- _WHAT YOU ARE ASKED TO DO_: An exact transcription of the data below, complete and unaltered, is the expected answer.

- _MATERIALS PROVIDED_:
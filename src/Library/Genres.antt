-- ===== src/Library/Genres.antt =====
-- joinCSV and splitCSV of internal/index/enrichment.go undo each other.
use my_eink_library.Common.{
  ◌==◌, ==_iff, Bool-cases, All, Text, ℕ, ◌≡◌, refl, sym, ap, ◌∙◌, ◌≢◌, inl, inr, List, [], ◌∷◌,
  ◌++◌, arith,
}
use my_eink_library.Library.Patch.{join_csv, split_csv}
use my_eink_library.Encoding.Split.{Lacks, split}
use my_eink_library.Users.Listing.{or_empty}
use my_eink_library.Users.{null_if_empty}

split_cons : (s : Text) → (p : Text) × (ps : List Text) × (split b',' s ≡ p ∷ ps)
unfolding split
split_cons [] = ([], [], refl)
split_cons (c ∷ s) =
    let (p, ps, e) = split_cons s in
    elim (Bool-cases (c == b',')) [
      | inl sep ↦ ([], p ∷ ps, rw (split, e, sep) refl)
      | inr other ↦ (c ∷ p, ps, rw (split, e, other) refl)
    ]

join_text : (c : ℕ) (p : Text) (ps : List Text) → join_csv ((c ∷ p) ∷ ps) ≡ c ∷ join_csv (p ∷ ps)
unfolding join_csv
join_text c p [] = refl
join_text c p (q ∷ ps) = refl

join_csv-split : (s : Text) → join_csv (split b',' s) ≡ s
unfolding split join_csv
join_csv-split [] = refl
join_csv-split (c ∷ s) =
    let (p, ps, e) = split_cons s in
    let joined_rest : join_csv (p ∷ ps) ≡ s = ap join_csv (sym e) ∙ join_csv-split s in
    elim (Bool-cases (c == b',')) [
      | inl sep ↦ rw (split, e, sep, joined_rest, (==_iff c b',').0 sep) refl
      | inr other ↦ rw (split, e, other, join_text c p ps, joined_rest) refl
    ]

split-Lacks : (p : Text) → Lacks b',' p → split b',' p ≡ p ∷ []
unfolding split
split-Lacks [] _ = refl
split-Lacks (c ∷ p) (hc, hp) = ground (arith, split-Lacks p hp)

split_at : (p rest : Text) → Lacks b',' p → split b',' (p ++ b',' ∷ rest) ≡ p ∷ split b',' rest
unfolding split
split_at [] rest _ = let (q, qs, e) = split_cons rest in rw (split, e) refl
split_at (c ∷ p) rest (hc, hp) = ground (arith, split_at p rest hp)

split-join_csv :
    (g : Text) (gs : List Text)
    → All (Lacks b',') (g ∷ gs)
    → split b',' (join_csv (g ∷ gs)) ≡ g ∷ gs
unfolding join_csv
split-join_csv g [] (hg, _) = split-Lacks g hg
split-join_csv g (h ∷ gs) (hg, hgs) =
    split_at g (join_csv (h ∷ gs)) hg ∙ ap (λ x. g ∷ x) (split-join_csv h gs hgs)

pub null_if_empty-or_empty : (s : Text) → or_empty (null_if_empty s) ≡ s
null_if_empty-or_empty [] = refl
null_if_empty-or_empty (c ∷ s) = refl

split_csv-split : (s : Text) → s ≢ [] → split_csv s ≡ split b',' s
unfolding split_csv
split_csv-split [] h = absurd (h refl)
split_csv-split (c ∷ s) h = refl

-- Genres that the column of the genres gives back.
abbrev pub IsReadable : List Text → Type 0
IsReadable gs = split_csv (or_empty (null_if_empty (join_csv gs))) ≡ gs

-- Genres that a form can give: no genre holds a comma, and the list is not one of a single empty genre.
abbrev pub IsPlain : List Text → Type 0
IsPlain gs = All (Lacks b',') gs × gs ≢ [] ∷ []

join_csv-filled : (g : Text) (gs : List Text) → (g ∷ gs) ≢ [] ∷ [] → join_csv (g ∷ gs) ≢ []
unfolding join_csv
join_csv-filled [] [] h e = h refl
join_csv-filled (c ∷ g) [] h e = cc e
join_csv-filled [] (q ∷ gs) h e = cc e
join_csv-filled (c ∷ g) (q ∷ gs) h e = cc e

pub IsPlain-IsReadable : (gs : List Text) → IsPlain gs → IsReadable gs
unfolding split_csv join_csv
IsPlain-IsReadable [] _ = refl
IsPlain-IsReadable (g ∷ gs) (lacks, filled) =
    ap split_csv (null_if_empty-or_empty (join_csv (g ∷ gs)))
    ∙ split_csv-split (join_csv (g ∷ gs)) (join_csv-filled g gs filled)
    ∙ split-join_csv g gs lacks

join_csv-split_csv : (s : Text) → join_csv (split_csv s) ≡ s
unfolding split_csv join_csv
join_csv-split_csv [] = refl
join_csv-split_csv (c ∷ s) = join_csv-split (c ∷ s)

pub split_csv-IsReadable : (s : Text) → IsReadable (split_csv s)
split_csv-IsReadable s =
    ap split_csv (null_if_empty-or_empty (join_csv (split_csv s)) ∙ join_csv-split_csv s)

- _RESPONSE TO THE TASK_:
filename src/Library/Genres.antt
-- ===== src/Library/Genres.antt =====
-- joinCSV and splitCSV of internal/index/enrichment.go undo each other.
use my_eink_library.Common.{
  ◌==◌, ==_iff, Bool-cases, All, Text, ℕ, ◌≡◌, refl, sym, ap, ◌∙◌, ◌≢◌, inl, inr, List, [], ◌∷◌,
  ◌++◌, arith,
}
use my_eink_library.Library.Patch.{join_csv, split_csv}
use my_eink_library.Encoding.Split.{Lacks, split}
use my_eink_library.Users.Listing.{or_empty}
use my_eink_library.Users.{null_if_empty}

split_cons : (s : Text) → (p : Text) × (ps : List Text) × (split b',' s ≡ p ∷ ps)
unfolding split
split_cons [] = ([], [], refl)
split_cons (c ∷ s) =
    let (p, ps, e) = split_cons s in
    elim (Bool-cases (c == b',')) [
      | inl sep ↦ ([], p ∷ ps, rw (split, e, sep) refl)
      | inr other ↦ (c ∷ p, ps, rw (split, e, other) refl)
    ]

join_text : (c : ℕ) (p : Text) (ps : List Text) → join_csv ((c ∷ p) ∷ ps) ≡ c ∷ join_csv (p ∷ ps)
unfolding join_csv
join_text c p [] = refl
join_text c p (q ∷ ps) = refl

join_csv-split : (s : Text) → join_csv (split b',' s) ≡ s
unfolding split join_csv
join_csv-split [] = refl
join_csv-split (c ∷ s) =
    let (p, ps, e) = split_cons s in
    let joined_rest : join_csv (p ∷ ps) ≡ s = ap join_csv (sym e) ∙ join_csv-split s in
    elim (Bool-cases (c == b',')) [
      | inl sep ↦ rw (split, e, sep, joined_rest, (==_iff c b',').0 sep) refl
      | inr other ↦ rw (split, e, other, join_text c p ps, joined_rest) refl
    ]

split-Lacks : (p : Text) → Lacks b',' p → split b',' p ≡ p ∷ []
unfolding split
split-Lacks [] _ = refl
split-Lacks (c ∷ p) (hc, hp) = ground (arith, split-Lacks p hp)

split_at : (p rest : Text) → Lacks b',' p → split b',' (p ++ b',' ∷ rest) ≡ p ∷ split b',' rest
unfolding split
split_at [] rest _ = let (q, qs, e) = split_cons rest in rw (split, e) refl
split_at (c ∷ p) rest (hc, hp) = ground (arith, split_at p rest hp)

split-join_csv :
    (g : Text) (gs : List Text)
    → All (Lacks b',') (g ∷ gs)
    → split b',' (join_csv (g ∷ gs)) ≡ g ∷ gs
unfolding join_csv
split-join_csv g [] (hg, _) = split-Lacks g hg
split-join_csv g (h ∷ gs) (hg, hgs) =
    split_at g (join_csv (h ∷ gs)) hg ∙ ap (λ x. g ∷ x) (split-join_csv h gs hgs)

pub null_if_empty-or_empty : (s : Text) → or_empty (null_if_empty s) ≡ s
null_if_empty-or_empty [] = refl
null_if_empty-or_empty (c ∷ s) = refl

split_csv-split : (s : Text) → s ≢ [] → split_csv s ≡ split b',' s
unfolding split_csv
split_csv-split [] h = absurd (h refl)
split_csv-split (c ∷ s) h = refl

-- Genres that the column of the genres gives back.
abbrev pub IsReadable : List Text → Type 0
IsReadable gs = split_csv (or_empty (null_if_empty (join_csv gs))) ≡ gs

-- Genres that a form can give: no genre holds a comma, and the list is not one of a single empty genre.
abbrev pub IsPlain : List Text → Type 0
IsPlain gs = All (Lacks b',') gs × gs ≢ [] ∷ []

join_csv-filled : (g : Text) (gs : List Text) → (g ∷ gs) ≢ [] ∷ [] → join_csv (g ∷ gs) ≢ []
unfolding join_csv
join_csv-filled [] [] h e = h refl
join_csv-filled (c ∷ g) [] h e = cc e
join_csv-filled [] (q ∷ gs) h e = cc e
join_csv-filled (c ∷ g) (q ∷ gs) h e = cc e

pub IsPlain-IsReadable : (gs : List Text) → IsPlain gs → IsReadable gs
unfolding split_csv join_csv
IsPlain-IsReadable [] _ = refl
IsPlain-IsReadable (g ∷ gs) (lacks, filled) =
    ap split_csv (null_if_empty-or_empty (join_csv (g ∷ gs)))
    ∙ split_csv-split (join_csv (g ∷ gs)) (join_csv-filled g gs filled)
    ∙ split-join_csv g gs lacks

join_csv-split_csv : (s : Text) → join_csv (split_csv s) ≡ s
unfolding split_csv join_csv
join_csv-split_csv [] = refl
join_csv-split_csv (c ∷ s) = join_csv-split (c ∷ s)

pub split_csv-IsReadable : (s : Text) → IsReadable (split_csv s)
split_csv-IsReadable s =
    ap split_csv (null_if_empty-or_empty (join_csv (split_csv s)) ∙ join_csv-split_csv s)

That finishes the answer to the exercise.